Despite the lack of regulation, we could identify a spot water market in the study area. The results show that this market is small and accounts for a limited share of water used for irrigation. Smallholders are the main participants in the market and water distribution patterns can affect the size of this market. Technological factors and environmental factors are more significant factors within this water market than farmer characteristics, household members, or social characteristics. The latter group of variables are not significant factors in the logit model. In accordance with the former literature (Wheeler et al., 2009, 2010), these results confirm that the Rafsanjan informal groundwater market is at the mature stages of water trade. The development of monoculture and the reality of market-oriented agriculture in Rafsanjan may explain the importance of profit-driven factors and farm level factors found. Interpretation of Table 6 shows that water quantity factors affect the model more than water quality factors, which shows water scarcity is more important within the study area than quality. The groundwater depletion effect on the participation decision is an interesting finding of this study. The participation decision is not defined only by the farmers’ level of water quotas, but also by reservoir overall depletion levels. That means in a market setting, the reservoir in situ value becomes an important issue for the users. This suggests that groundwater depletion in areas with good water quality may result in an expansion of spot water markets. Furthermore, technical innovations affecting productivity can encourage spot water market expansion. The results show that farmers with a higher level of productivity per hectare are more likely to participate in the water market. It means that the water market is an efficient tool for devoting more water to a higher level of production and implementation of policies for increases in water productivity can increase the level of participation in the water market. According to former studies, heterogeneous crop pattern (Schoengold & Zilberman, 2007) and heterogeneous pumping right ownership (Garrido & Livingston, 2003) are essential for a successful water market. Although this region specialises in one crop (pistachio) and land size is not a significant variable in the model, we recognise a heterogeneous pattern of water quota ownership which is a significant variable inside the model.

Regional labour market factors such as labour costs can affect the decision to participate in the water market. Increases in labour costs negatively affect water market participation rates. However, other variable costs do not affect the model. This difference could be largely due to the high labour intensity of pistachio production. It is therefore likely that labour efficiency improvements or technological adaptations that reduce labour costs might encourage water market participation. Although the increase in the age of the trees reduces the participation decision, the size of the effect is very low. It shows that increases in the age of the trees in the study area will not affect the participation dramatically. The reason for this could be an increased water uptake ability with increasing root depth in deeper soil layers. As many farmers are aging, probably the land and water ownership will be more fragmented, which may be another argument for possible market expansion in the future. The significant effect of having other jobs on market participation shows that if income sources of the residents and farmers increase as a result of any regional industrial change or project implementation, the spot water market will expand more. Using other wells is a key factor affecting participation in the water market. Therefore, if the legal and institutional barriers for groundwater transfer are eliminated or reduced, we can expect a higher level of participation in a groundwater market. The high level of significance of this variable shows the potential is large enough for groundwater market expansion to occur by relaxing conveyance and water transfer possibilities.

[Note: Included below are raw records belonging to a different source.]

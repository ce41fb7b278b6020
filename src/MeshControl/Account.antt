-- ===== src/MeshControl/Account.antt =====
-- The bytes in flight of lib/mb-mesh-control/src/lib.rs over any sequence of its operations.
use meshbus_rs.Prelude.{ℕ, ◌+◌, ◌-◌, min, nat_eq, ◌==◌}
use meshbus_rs.Prelude.{false, ◌||◌, List, [], ◌∷◌}
use meshbus_rs.Prelude.{IsMap, contains_key, Bool-cases}
use meshbus_rs.Prelude.{◌≡◌, refl, sym, arith, subst, inl, inr}
use meshbus_rs.MeshProto.Types.{AckNack}
use meshbus_rs.MeshControl.{
  InflightPackage, MeshPathController, on_ack, on_sent, insert_sorted, default_controller,
  on_pto_expired, word,
}
use meshbus_rs.MeshControl.Acks.{eliciting_bytes, counted, on_ack_settles, on_ack-bytes_in_flight}

pub data PathOp : Type 0 where
  sent : InflightPackage → PathOp
  acked : AckNack → ℕ → ℕ → PathOp
  pto_expired : PathOp

unfoldable pub path_step : MeshPathController → PathOp → MeshPathController
path_step c (sent p) = on_sent c p
path_step c (acked ack ack_delay_us now_us) = (on_ack c ack ack_delay_us now_us).0
path_step c pto_expired = on_pto_expired c

pub run_path : MeshPathController → List PathOp → MeshPathController
run_path c [] = c
run_path c (op ∷ ops) = run_path (path_step c op) ops

-- No package is sent under a number that is in flight.
abbrev FreshOp : MeshPathController → PathOp → Type 0
FreshOp c (sent p) = contains_key p.seq c.inflight ≡ false
FreshOp c (acked ack d now) = Unit {0}
FreshOp c pto_expired = Unit {0}

abbrev pub AllFresh : MeshPathController → List PathOp → Type 0
AllFresh c [] = Unit {0}
AllFresh c (op ∷ ops) = FreshOp c op × AllFresh (path_step c op) ops

-- The counter is the sum over the packages in flight that elicit an acknowledgement.
abbrev pub IsAccounted : MeshPathController → Type 0
IsAccounted c = IsMap c.inflight × (c.bytes_in_flight ≡ min (eliciting_bytes c.inflight) (word - 1))

contains_key-insert_sorted :
    (k : ℕ) (p : InflightPackage) (m : List (ℕ × InflightPackage))
    → contains_key k m ≡ false
    → (j : ℕ) → contains_key j (insert_sorted k p m) ≡ ((k == j) || contains_key j m)
unfolding insert_sorted
contains_key-insert_sorted k p [] h j = ground arith
contains_key-insert_sorted k p ((i, q) ∷ m) h j =
    ground (arith, contains_key-insert_sorted k p m _ j)

IsMap-insert_sorted :
    (k : ℕ) (p : InflightPackage) (m : List (ℕ × InflightPackage))
    → contains_key k m ≡ false
    → IsMap m
    → IsMap (insert_sorted k p m)
unfolding insert_sorted
IsMap-insert_sorted k p [] h w = (refl, tt)
IsMap-insert_sorted k p ((i, q) ∷ m) h (w, ws) =
    ground (arith, w, ws, IsMap-insert_sorted k p m _ ws, contains_key-insert_sorted k p m _ i)

eliciting_bytes-insert_sorted :
    (k : ℕ) (p : InflightPackage) (m : List (ℕ × InflightPackage))
    → contains_key k m ≡ false
    → eliciting_bytes (insert_sorted k p m) ≡ counted p + eliciting_bytes m
unfolding insert_sorted eliciting_bytes
eliciting_bytes-insert_sorted k p [] h = refl
eliciting_bytes-insert_sorted k p ((i, q) ∷ m) h =
    ground (arith, eliciting_bytes-insert_sorted k p m _)

on_sent-IsAccounted :
    (c : MeshPathController) (p : InflightPackage)
    → contains_key p.seq c.inflight ≡ false
    → IsAccounted c
    → IsAccounted (on_sent c p)
unfolding on_sent
on_sent-IsAccounted c p h (m, b) = elim (Bool-cases p.ack_eliciting) [
  | inl y ↦
      let total = eliciting_bytes-insert_sorted p.seq p c.inflight h in
      simp y (IsMap-insert_sorted p.seq p c.inflight h m, rw total (simp y (omega (arith, b))))
  | inr n ↦
      let total = eliciting_bytes-insert_sorted p.seq p c.inflight h in
      simp n (IsMap-insert_sorted p.seq p c.inflight h m, rw total (simp n (omega (arith, b))))
]

on_ack-IsAccounted :
    (c : MeshPathController) (ack : AckNack) (d now : ℕ)
    → IsAccounted c
    → IsAccounted (on_ack c ack d now).0
unfolding eliciting_bytes
on_ack-IsAccounted c ack d now (m, b) =
    let (empty, _, _) = on_ack_settles c ack d now m in
    let freed = on_ack-bytes_in_flight c ack d now m in
    (
      subst (λ t. IsMap t) (sym empty) tt,
      subst (λ t. (on_ack c ack d now).0.bytes_in_flight ≡ min (eliciting_bytes t) (word - 1))
          (sym empty) (omega (arith, freed, b)),
    )

run_path-IsAccounted :
    (ops : List PathOp) (c : MeshPathController)
    → AllFresh c ops
    → IsAccounted c
    → IsAccounted (run_path c ops)
unfolding run_path path_step on_pto_expired
run_path-IsAccounted [] c f h = h
run_path-IsAccounted (sent p ∷ ops) c (f, fs) h =
    run_path-IsAccounted ops (on_sent c p) fs (on_sent-IsAccounted c p f h)
run_path-IsAccounted (acked ack d now ∷ ops) c (f, fs) h =
    run_path-IsAccounted ops (on_ack c ack d now).0 fs (on_ack-IsAccounted c ack d now h)
run_path-IsAccounted (pto_expired ∷ ops) c (f, fs) h =
    run_path-IsAccounted ops (on_pto_expired c) fs h

-- Over any sequence of sent packages, acknowledgements and timeouts from the default controller, where
-- no package is sent under a number that is in flight, the bytes in flight are the sum of the sizes of
-- the packages in flight that elicit an acknowledgement, saturated at the greatest `u64`.
pub bytes_in_flight_exact :
    (ops : List PathOp)
    → AllFresh default_controller ops
    → IsAccounted (run_path default_controller ops)
unfolding eliciting_bytes
bytes_in_flight_exact ops f = run_path-IsAccounted ops default_controller f (tt, refl)
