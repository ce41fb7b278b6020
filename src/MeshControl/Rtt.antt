-- ===== src/MeshControl/Rtt.antt =====
-- The RTT estimator of lib/mb-mesh-control/src/lib.rs over a sequence of samples.
use meshbus_rs.Prelude.{ℕ, ◌+◌, ◌*◌, ◌/◌, ◌%◌, ◌≤◌, ◌<◌, min}
use meshbus_rs.Prelude.{true, List, [], ◌∷◌, All}
use meshbus_rs.Prelude.{◌≡◌, refl, arith}
use meshbus_rs.MeshControl.{
  MeshRttEstimator, word, adjusted_rtt, abs_diff, on_sample, default_rtt, max_ack_delay_us,
}

-- The samples, in the order they came: the RTT and the delay the peer reports.
pub on_samples : MeshRttEstimator → List (ℕ × ℕ) → MeshRttEstimator
on_samples r [] = r
on_samples r ((rtt, ack_delay) ∷ samples) = on_samples (on_sample r rtt ack_delay) samples

abbrev pub InRange : ℕ → ℕ → ℕ × ℕ → Type 0
InRange lo hi (rtt, ack_delay) = (lo ≤ rtt) × (rtt ≤ hi)

-- A sampled estimator whose smoothed value, least sample and variation keep to the bounds.
abbrev pub IsWithin : ℕ → ℕ → MeshRttEstimator → Type 0
IsWithin lo hi r =
    (r.sampled ≡ true)
    × ((lo ≤ r.min_rtt) × (r.min_rtt ≤ hi))
    × ((lo ≤ r.smoothed) × (r.smoothed ≤ hi))
    × (r.rttvar ≤ hi)

mod_small : (a : ℕ) → a < word → a % word ≡ a
mod_small a h = ground arith

adjusted_within :
    (lo hi least rtt d : ℕ)
    → hi * 8 < word
    → lo ≤ least
    → least ≤ rtt
    → rtt ≤ hi
    → (lo ≤ adjusted_rtt least rtt d) × (adjusted_rtt least rtt d ≤ hi)
unfolding adjusted_rtt
adjusted_within lo hi least rtt d w a b c =
    rw (mod_small (least + min d max_ack_delay_us) (omega arith)) (ground arith)

smooth_within :
    (lo hi s a : ℕ)
    → hi * 8 < word
    → (lo ≤ s) × (s ≤ hi)
    → (lo ≤ a) × (a ≤ hi)
    → (lo ≤ ((s * 7 + a) % word) / 8) × (((s * 7 + a) % word) / 8 ≤ hi)
smooth_within lo hi s a w h k = rw (mod_small (s * 7 + a) (omega arith)) (omega arith, omega arith)

abs_diff_le : (hi s a : ℕ) → s ≤ hi → a ≤ hi → abs_diff s a ≤ hi
abs_diff_le hi s a h k = ground arith

var_within : (hi v d : ℕ) → hi * 8 < word → v ≤ hi → d ≤ hi → ((v * 3 + d) % word) / 4 ≤ hi
var_within hi v d w h k = rw (mod_small (v * 3 + d) (omega arith)) (omega arith)

sampled-IsWithin :
    (lo hi : ℕ) (r : MeshRttEstimator) (rtt d : ℕ)
    → hi * 8 < word
    → IsWithin lo hi r
    → InRange lo hi (rtt, d)
    → IsWithin lo hi (on_sample r rtt d)
unfolding on_sample
sampled-IsWithin lo hi r rtt d w (e, m, s, v) k =
    let a = adjusted_within lo hi (min r.min_rtt rtt) rtt d w (omega arith) (omega arith) k.1 in
    simp e (
      refl,
      (omega arith, omega arith),
      smooth_within lo hi r.smoothed (adjusted_rtt (min r.min_rtt rtt) rtt d) w s a,
      var_within hi r.rttvar (abs_diff r.smoothed (adjusted_rtt (min r.min_rtt rtt) rtt d)) w v
          (abs_diff_le hi r.smoothed (adjusted_rtt (min r.min_rtt rtt) rtt d) s.1 a.1),
    )

from-IsWithin :
    (lo hi : ℕ) (r : MeshRttEstimator) (samples : List (ℕ × ℕ))
    → hi * 8 < word
    → IsWithin lo hi r
    → All (InRange lo hi) samples
    → IsWithin lo hi (on_samples r samples)
unfolding on_samples
from-IsWithin lo hi r [] w h k = h
from-IsWithin lo hi r ((rtt, d) ∷ samples) w h (k, ks) =
    from-IsWithin lo hi (on_sample r rtt d) samples w (sampled-IsWithin lo hi r rtt d w h k) ks

-- If every RTT sample lies between two bounds, of which the upper is less than 2 ^ 61, then after the
-- first sample the smoothed RTT and the least RTT always lie between them, and the variation is at
-- most the upper one, whatever the delays that the peer reports.
pub on_samples-IsWithin :
    (lo hi rtt d : ℕ) (samples : List (ℕ × ℕ))
    → hi * 8 < word
    → InRange lo hi (rtt, d)
    → All (InRange lo hi) samples
    → IsWithin lo hi (on_samples default_rtt ((rtt, d) ∷ samples))
unfolding on_samples on_sample
on_samples-IsWithin lo hi rtt d samples w k ks =
    from-IsWithin lo hi
      (record { latest = rtt; min_rtt = rtt; smoothed = rtt; rttvar = rtt / 2; sampled = true })
      samples w (refl, k, k, omega arith) ks
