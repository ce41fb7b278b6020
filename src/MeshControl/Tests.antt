-- ===== src/MeshControl/Tests.antt =====
-- The path controller on a few packages.
use meshbus_rs.Prelude.{
  ℕ, text, true, not, List, [], ◌∷◌, ◌≡◌, refl, arith, keys, filter, IsMap, nat_eq,
}
use meshbus_rs.MeshProto.Types.{AckNack}
use meshbus_rs.MeshControl.{
  InflightPackage, MeshPathController, on_sent, on_ack, default_controller, default_rtt,
  on_pto_expired, missing, insert_sorted,
}
use meshbus_rs.MeshControl.Rtt.{on_samples, IsWithin, on_samples-IsWithin}
use meshbus_rs.MeshControl.Acks.{on_ack_settles}
use meshbus_rs.MeshControl.Account.{PathOp, run_path, IsAccounted, bytes_in_flight_exact, path_step}

abbrev sent_package : ℕ → InflightPackage
sent_package seq = record { seq = seq; sent_at_us = 100; size = 500; ack_eliciting = true }

abbrev report : AckNack
report = record {
  family_id = text "f";
  cumulative_seq = 2;
  received_bitmap = text "0";
  missing_ranges = record { start = 2; last = 2 } ∷ [];
}

abbrev in_flight : MeshPathController
in_flight = on_sent (on_sent default_controller (sent_package 2)) (sent_package 1)

two_entries : IsMap in_flight.inflight
unfolding on_sent insert_sorted
two_entries = (refl, (refl, tt))

on_ack_settles_example :
    ((on_ack in_flight report 0 900).0.inflight ≡ [])
    × ((on_ack in_flight report 0 900).1.acked_seqs
        ≡ filter (λ k. not (missing report.missing_ranges k)) (keys in_flight.inflight))
    × ((on_ack in_flight report 0 900).1.lost_seqs
        ≡ filter (missing report.missing_ranges) (keys in_flight.inflight))
on_ack_settles_example = on_ack_settles in_flight report 0 900 two_entries

abbrev path_ops : List PathOp
path_ops = PathOp.sent (sent_package 2) ∷ PathOp.pto_expired ∷ PathOp.sent (sent_package 1) ∷ []

bytes_in_flight_exact_example : IsAccounted (run_path default_controller path_ops)
unfolding path_step on_sent insert_sorted on_pto_expired
bytes_in_flight_exact_example = bytes_in_flight_exact path_ops (refl, (tt, (refl, tt)))

on_samples-IsWithin_example :
    IsWithin 80 1000 (on_samples default_rtt ((90, 0) ∷ (1000, 30) ∷ (80, 5) ∷ []))
on_samples-IsWithin_example =
    on_samples-IsWithin 80 1000 90 0 ((1000, 30) ∷ (80, 5) ∷ []) (omega arith)
      (omega arith, omega arith) ((omega arith, omega arith), ((omega arith, omega arith), tt))
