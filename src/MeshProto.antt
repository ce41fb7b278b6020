-- ===== src/MeshProto.antt =====
-- lib/mb-proto-mesh: the mesh protocol.
pub mod Types
pub mod Replay
mod Tests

In this paper we studied factors affecting farmers’ decisions to participate in a fragmented spot water market in the Rafsanjan aquifer of south-eastern Iran using the logit model. The results show that a spot water market exists mostly for use by smallholders. Moreover, the volume of water traded within this market is relatively small. Water quantity factors affect the decision to participate more than water quality factors. The results show that the spot water market probably will be expanded in the future considering factors that significantly affect this model. Regulating the groundwater market may encourage water trade expansion among farmers through the relaxation of current limitations on water use, water transfer and land laws, since there is evidence that the area already has the potential for a more expanded water market.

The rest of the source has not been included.